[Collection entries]
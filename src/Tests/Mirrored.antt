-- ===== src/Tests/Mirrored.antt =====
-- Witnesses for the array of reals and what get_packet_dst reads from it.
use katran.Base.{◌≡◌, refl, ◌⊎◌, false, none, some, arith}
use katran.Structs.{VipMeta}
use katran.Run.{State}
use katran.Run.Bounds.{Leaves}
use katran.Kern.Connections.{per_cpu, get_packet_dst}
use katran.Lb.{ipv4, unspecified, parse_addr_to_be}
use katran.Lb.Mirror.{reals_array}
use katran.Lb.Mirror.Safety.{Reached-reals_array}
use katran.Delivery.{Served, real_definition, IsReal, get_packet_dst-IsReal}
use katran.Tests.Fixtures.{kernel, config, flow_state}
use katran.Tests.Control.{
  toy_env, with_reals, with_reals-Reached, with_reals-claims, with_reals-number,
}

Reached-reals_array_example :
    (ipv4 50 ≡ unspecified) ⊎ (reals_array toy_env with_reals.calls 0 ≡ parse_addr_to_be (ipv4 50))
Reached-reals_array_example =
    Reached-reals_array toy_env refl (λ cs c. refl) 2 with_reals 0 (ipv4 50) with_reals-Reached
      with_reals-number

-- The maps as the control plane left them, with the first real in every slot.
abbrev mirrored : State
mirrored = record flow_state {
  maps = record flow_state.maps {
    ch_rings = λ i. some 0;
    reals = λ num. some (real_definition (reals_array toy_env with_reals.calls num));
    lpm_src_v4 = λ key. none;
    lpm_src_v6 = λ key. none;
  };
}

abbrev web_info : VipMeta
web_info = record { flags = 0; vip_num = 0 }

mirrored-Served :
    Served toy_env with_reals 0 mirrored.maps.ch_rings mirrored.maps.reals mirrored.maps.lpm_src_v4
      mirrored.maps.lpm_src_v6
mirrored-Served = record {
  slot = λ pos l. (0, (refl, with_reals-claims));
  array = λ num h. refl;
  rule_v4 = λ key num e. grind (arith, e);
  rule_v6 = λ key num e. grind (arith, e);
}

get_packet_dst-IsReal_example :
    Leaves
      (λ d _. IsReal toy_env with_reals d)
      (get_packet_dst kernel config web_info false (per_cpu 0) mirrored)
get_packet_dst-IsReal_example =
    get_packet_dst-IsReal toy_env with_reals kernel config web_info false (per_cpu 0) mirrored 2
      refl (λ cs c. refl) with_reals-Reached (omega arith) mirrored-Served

==

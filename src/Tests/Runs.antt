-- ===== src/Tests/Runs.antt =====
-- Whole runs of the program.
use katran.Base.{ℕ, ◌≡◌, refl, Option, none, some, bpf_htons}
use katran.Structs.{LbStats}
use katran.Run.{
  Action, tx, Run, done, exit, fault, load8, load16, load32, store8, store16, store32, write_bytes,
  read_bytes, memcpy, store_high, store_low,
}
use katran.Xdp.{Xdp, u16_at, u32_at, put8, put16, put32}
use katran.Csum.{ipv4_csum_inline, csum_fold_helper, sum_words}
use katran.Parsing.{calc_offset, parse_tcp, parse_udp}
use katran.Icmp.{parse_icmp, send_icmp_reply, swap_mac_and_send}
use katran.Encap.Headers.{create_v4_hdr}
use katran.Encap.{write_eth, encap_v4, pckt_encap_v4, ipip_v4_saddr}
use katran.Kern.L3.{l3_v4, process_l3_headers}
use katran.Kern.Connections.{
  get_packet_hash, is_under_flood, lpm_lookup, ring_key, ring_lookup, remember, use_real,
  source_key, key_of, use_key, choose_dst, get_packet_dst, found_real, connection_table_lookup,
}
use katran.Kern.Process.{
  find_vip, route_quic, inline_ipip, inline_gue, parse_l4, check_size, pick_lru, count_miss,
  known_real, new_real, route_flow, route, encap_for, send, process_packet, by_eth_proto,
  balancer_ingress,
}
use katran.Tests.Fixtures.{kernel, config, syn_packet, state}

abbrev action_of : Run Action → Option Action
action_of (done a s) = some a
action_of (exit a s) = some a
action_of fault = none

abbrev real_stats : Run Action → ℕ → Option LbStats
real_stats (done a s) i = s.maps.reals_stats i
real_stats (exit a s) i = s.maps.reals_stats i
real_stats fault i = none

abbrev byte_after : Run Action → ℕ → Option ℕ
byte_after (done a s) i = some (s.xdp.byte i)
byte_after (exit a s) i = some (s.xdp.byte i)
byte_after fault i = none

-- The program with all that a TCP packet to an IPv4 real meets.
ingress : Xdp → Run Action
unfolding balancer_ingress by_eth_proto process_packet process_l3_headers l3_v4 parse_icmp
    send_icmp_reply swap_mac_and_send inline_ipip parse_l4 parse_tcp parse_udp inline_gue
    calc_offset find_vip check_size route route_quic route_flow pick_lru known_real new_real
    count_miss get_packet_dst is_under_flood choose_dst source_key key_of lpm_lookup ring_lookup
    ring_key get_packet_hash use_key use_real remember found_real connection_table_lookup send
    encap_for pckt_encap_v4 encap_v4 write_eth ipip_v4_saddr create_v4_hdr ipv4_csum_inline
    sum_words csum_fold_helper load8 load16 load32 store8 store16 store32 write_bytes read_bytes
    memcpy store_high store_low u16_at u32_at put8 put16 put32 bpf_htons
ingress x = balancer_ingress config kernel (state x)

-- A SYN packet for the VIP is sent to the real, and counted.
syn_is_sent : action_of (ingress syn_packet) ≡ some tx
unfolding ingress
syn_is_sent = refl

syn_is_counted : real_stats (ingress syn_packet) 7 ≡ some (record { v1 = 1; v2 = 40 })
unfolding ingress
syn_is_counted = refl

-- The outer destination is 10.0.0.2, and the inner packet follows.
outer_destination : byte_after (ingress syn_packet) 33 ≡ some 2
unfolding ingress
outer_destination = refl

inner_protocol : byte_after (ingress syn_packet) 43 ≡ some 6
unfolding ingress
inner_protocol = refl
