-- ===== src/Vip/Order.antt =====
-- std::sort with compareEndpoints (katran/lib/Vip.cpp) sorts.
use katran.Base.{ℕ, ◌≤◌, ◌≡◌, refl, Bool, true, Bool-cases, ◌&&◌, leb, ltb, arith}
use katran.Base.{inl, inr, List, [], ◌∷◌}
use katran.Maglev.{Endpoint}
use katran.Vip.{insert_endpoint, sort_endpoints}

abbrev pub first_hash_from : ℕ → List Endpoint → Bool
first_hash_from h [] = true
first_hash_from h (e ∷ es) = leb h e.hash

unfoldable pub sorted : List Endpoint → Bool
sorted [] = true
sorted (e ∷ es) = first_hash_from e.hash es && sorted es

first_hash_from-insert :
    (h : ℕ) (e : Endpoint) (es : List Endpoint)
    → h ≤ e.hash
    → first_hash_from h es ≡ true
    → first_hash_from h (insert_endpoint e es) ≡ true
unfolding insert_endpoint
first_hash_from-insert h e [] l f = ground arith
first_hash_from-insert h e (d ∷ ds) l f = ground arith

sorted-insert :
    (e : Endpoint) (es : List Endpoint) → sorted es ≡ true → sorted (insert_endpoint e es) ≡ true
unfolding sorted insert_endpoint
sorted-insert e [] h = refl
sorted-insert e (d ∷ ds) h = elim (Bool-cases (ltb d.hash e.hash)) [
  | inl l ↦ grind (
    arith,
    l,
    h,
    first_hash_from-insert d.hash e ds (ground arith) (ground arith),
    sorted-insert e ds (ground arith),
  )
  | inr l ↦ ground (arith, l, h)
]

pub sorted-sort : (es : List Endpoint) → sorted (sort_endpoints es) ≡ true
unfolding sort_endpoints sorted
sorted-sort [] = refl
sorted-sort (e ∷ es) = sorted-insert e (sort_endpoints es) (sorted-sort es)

## Problem details
Show the lines of the data that hold the word "Bool".

## Your solution
use katran.Base.{ℕ, ◌≤◌, ◌≡◌, refl, Bool, true, Bool-cases, ◌&&◌, leb, ltb, arith}
abbrev pub first_hash_from : ℕ → List Endpoint → Bool
unfoldable pub sorted : List Endpoint → Bool
sorted-insert e (d ∷ ds) h = elim (Bool-cases (ltb d.hash e.hash)) [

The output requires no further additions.